--- Given information Enclosed Below ---

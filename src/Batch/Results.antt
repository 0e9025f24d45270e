-- ===== src/Batch/Results.antt =====
-- batch.py: the results of a phase's children, and the hosts that are to be watched after it.
use relops_bootstrap.Prelude.{
  arith, ℕ, ◌≡◌, ◌≢◌, refl, subst, ap, ◌∙◌, Bool, ◌⊎◌, some-injective, text_eq_refl, true, false,
  Option, none, some, List, [], ◌∷◌, Text, text_eq, text_eq→eq, ◌==◌, Bool-cases, inl, inr,
}
use relops_bootstrap.Batch.Hosts.{is_in, unique}
use relops_bootstrap.Batch.Run.{
  Exit, exited, killed, not_run, add_result, gather, HostResult, state_of, result_of, is_skipped,
  was_skipped, to_watch,
}

-- A child that did not exit with 2 has not been skipped.
state_of-unskipped :
    (negative : Bool) (code : ℕ)
    → (negative ≡ true) ⊎ (code ≢ 2)
    → is_skipped (state_of negative code) ≡ false
unfolding is_skipped state_of
state_of-unskipped true code ne = elim (Bool-cases (code == 0)) [
  | inl zero_code ↦ rw zero_code refl
  | inr other ↦ rw other refl
]
state_of-unskipped false code (inl e) = absurd (cc)
state_of-unskipped false code (inr ne) = elim (Bool-cases (code == 2)) [
  | inl two ↦ absurd (ne (ground (arith, two)))
  | inr other ↦ ground (arith, other)
]

-- Neither an exit with 2 nor an `OSError`.
pub data IsUnskipped : Exit → Type 0 where
  was_killed : {text : Text} → IsUnskipped (killed text)
  by_signal : {code : ℕ} {text : Text} → IsUnskipped (exited true code text)
  other_code : {code : ℕ} {text : Text} → code ≢ 2 → IsUnskipped (exited false code text)

pub result_of-unskipped :
    (host : Text) (timeout : ℕ) (e : Exit) (r : HostResult)
    → IsUnskipped e
    → result_of host timeout e ≡ some r
    → is_skipped r.state ≡ false
unfolding result_of is_skipped
result_of-unskipped host timeout _ r was_killed e = rw (← some-injective e) refl
result_of-unskipped host timeout (exited _ code text) r by_signal e =
    rw (← some-injective e) (state_of-unskipped true code (inl refl))
result_of-unskipped host timeout (exited _ code text) r (other_code ne) e =
    rw (← some-injective e) (state_of-unskipped false code (inr ne))

pub result_of-hostname :
    (host : Text) (timeout : ℕ) (e : Exit) (r : HostResult)
    → result_of host timeout e ≡ some r
    → r.hostname ≡ host
unfolding result_of
result_of-hostname host timeout not_run r e = absurd (cc)
result_of-hostname host timeout (killed text) r e = rw (← some-injective e) refl
result_of-hostname host timeout (exited negative code text) r e = rw (← some-injective e) refl

pub result_of-some :
    (host : Text) (timeout : ℕ) (e : Exit)
    → e ≢ not_run
    → (r : HostResult) × (result_of host timeout e ≡ some r)
unfolding result_of
result_of-some host timeout not_run ne = absurd (ne refl)
result_of-some host timeout (killed text) ne = (_, refl)
result_of-some host timeout (exited negative code text) ne = (_, refl)

add_result-some :
    (o : Option HostResult) (os : Option (List HostResult)) (rs : List HostResult)
    → add_result o os ≡ some rs
    → (r : HostResult) × (rest : List HostResult) × (o ≡ some r)
      × (os ≡ some rest)
      × (r ∷ rest ≡ rs)
unfolding add_result
add_result-some none os rs e = absurd (cc)
add_result-some (some r) none rs e = absurd (cc)
add_result-some (some r) (some rest) rs e = (r, rest, refl, refl, some-injective e)

module _ (f : Text → Option HostResult) where
  pub gather-some :
      (hosts : List Text)
      → ((h : Text) → is_in h hosts ≡ true → (r : HostResult) × (f h ≡ some r))
      → (rs : List HostResult) × (gather f hosts ≡ some rs)
  unfolding gather add_result is_in
  gather-some [] run = ([], refl)
  gather-some (k ∷ hosts) run =
      let (r, e) = run k (rw (text_eq_refl k) refl) in
      let (rs, es) = gather-some hosts (λ h i. run h (ground (arith, i))) in
      (r ∷ rs, rw (e, es) refl)

  -- The result that is looked up by a host is the host's own.
  pub gather-unskipped :
      (host : Text) (hosts : List Text) (rs : List HostResult)
      → ((h : Text) (r : HostResult) → f h ≡ some r → r.hostname ≡ h)
      → ((r : HostResult) → f host ≡ some r → is_skipped r.state ≡ false)
      → is_in host hosts ≡ true
      → gather f hosts ≡ some rs
      → was_skipped host rs ≡ false
  unfolding was_skipped is_in gather
  gather-unskipped host [] rs named free i e = absurd (cc)
  gather-unskipped host (k ∷ hosts) rs named free i e =
      let (r, rest, er, es, both) = add_result-some (f k) (gather f hosts) rs e in
      elim (Bool-cases (text_eq host k)) [
        | inl same ↦
            let this_one : text_eq host r.hostname ≡ true = rw (named k r er) same in
            let unskipped : is_skipped r.state ≡ false =
              free r (ap f (text_eq→eq host k same) ∙ er) in
            rw (← both) (ground (arith, this_one, unskipped))
        | inr other ↦
            let this_one : text_eq host r.hostname ≡ false = rw (named k r er) other in
            let later_one =
              gather-unskipped host hosts rest named free (ground (arith, i, other)) es in
            rw (← both) (ground (arith, this_one, later_one))
      ]

-- The hosts without their repetitions are hosts.
pub unique-only :
    (h : Text) (seen hosts : List Text) → is_in h (unique seen hosts) ≡ true → is_in h hosts ≡ true
unfolding unique is_in
unique-only h seen [] e = e
unique-only h seen (k ∷ hosts) e = elim (Bool-cases (is_in k seen)) [
  | inl old ↦
      let rest : is_in h hosts ≡ true = unique-only h seen hosts (ground (arith, e, old)) in
      ground (arith, rest)
  | inr new ↦ elim (Bool-cases (text_eq h k)) [
    | inl same ↦ ground (arith, same)
    | inr other ↦
        let rest : is_in h hosts ≡ true =
          unique-only h (k ∷ seen) hosts (ground (arith, e, new, other)) in
        ground (arith, rest)
  ]
]

pub to_watch-keeps :
    (added : List HostResult) (host : Text) (hosts : List Text)
    → is_in host hosts ≡ true
    → was_skipped host added ≡ false
    → is_in host (to_watch added hosts) ≡ true
unfolding to_watch is_in
to_watch-keeps added host [] e n = absurd (cc)
to_watch-keeps added host (k ∷ hosts) e n = elim (Bool-cases (text_eq host k)) [
  | inl same ↦
      let there : was_skipped k added ≡ false =
        subst (λ x. was_skipped x added ≡ false) (text_eq→eq host k same) n in
      ground (arith, same, there)
  | inr other ↦ ground (arith, other, to_watch-keeps added host hosts (ground (arith, e, other)) n)
]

--- End of Enclosed Given information ---

- _Activity_: Your answer should consist of the lines from the line with "(r ∷ rs, rw (e, es) refl)" to the line with "let this_one : text_eq host r.hostname ≡ true" above, repeated exactly, both ends included.

- _Problem solution_:
      (r ∷ rs, rw (e, es) refl)

  -- The result that is looked up by a host is the host's own.
  pub gather-unskipped :
      (host : Text) (hosts : List Text) (rs : List HostResult)
      → ((h : Text) (r : HostResult) → f h ≡ some r → r.hostname ≡ h)
      → ((r : HostResult) → f host ≡ some r → is_skipped r.state ≡ false)
      → is_in host hosts ≡ true
      → gather f hosts ≡ some rs
      → was_skipped host rs ≡ false
  unfolding was_skipped is_in gather
  gather-unskipped host [] rs named free i e = absurd (cc)
  gather-unskipped host (k ∷ hosts) rs named free i e =
      let (r, rest, er, es, both) = add_result-some (f k) (gather f hosts) rs e in
      elim (Bool-cases (text_eq host k)) [
        | inl same ↦
            let this_one : text_eq host r.hostname ≡ true = rw (named k r er) same in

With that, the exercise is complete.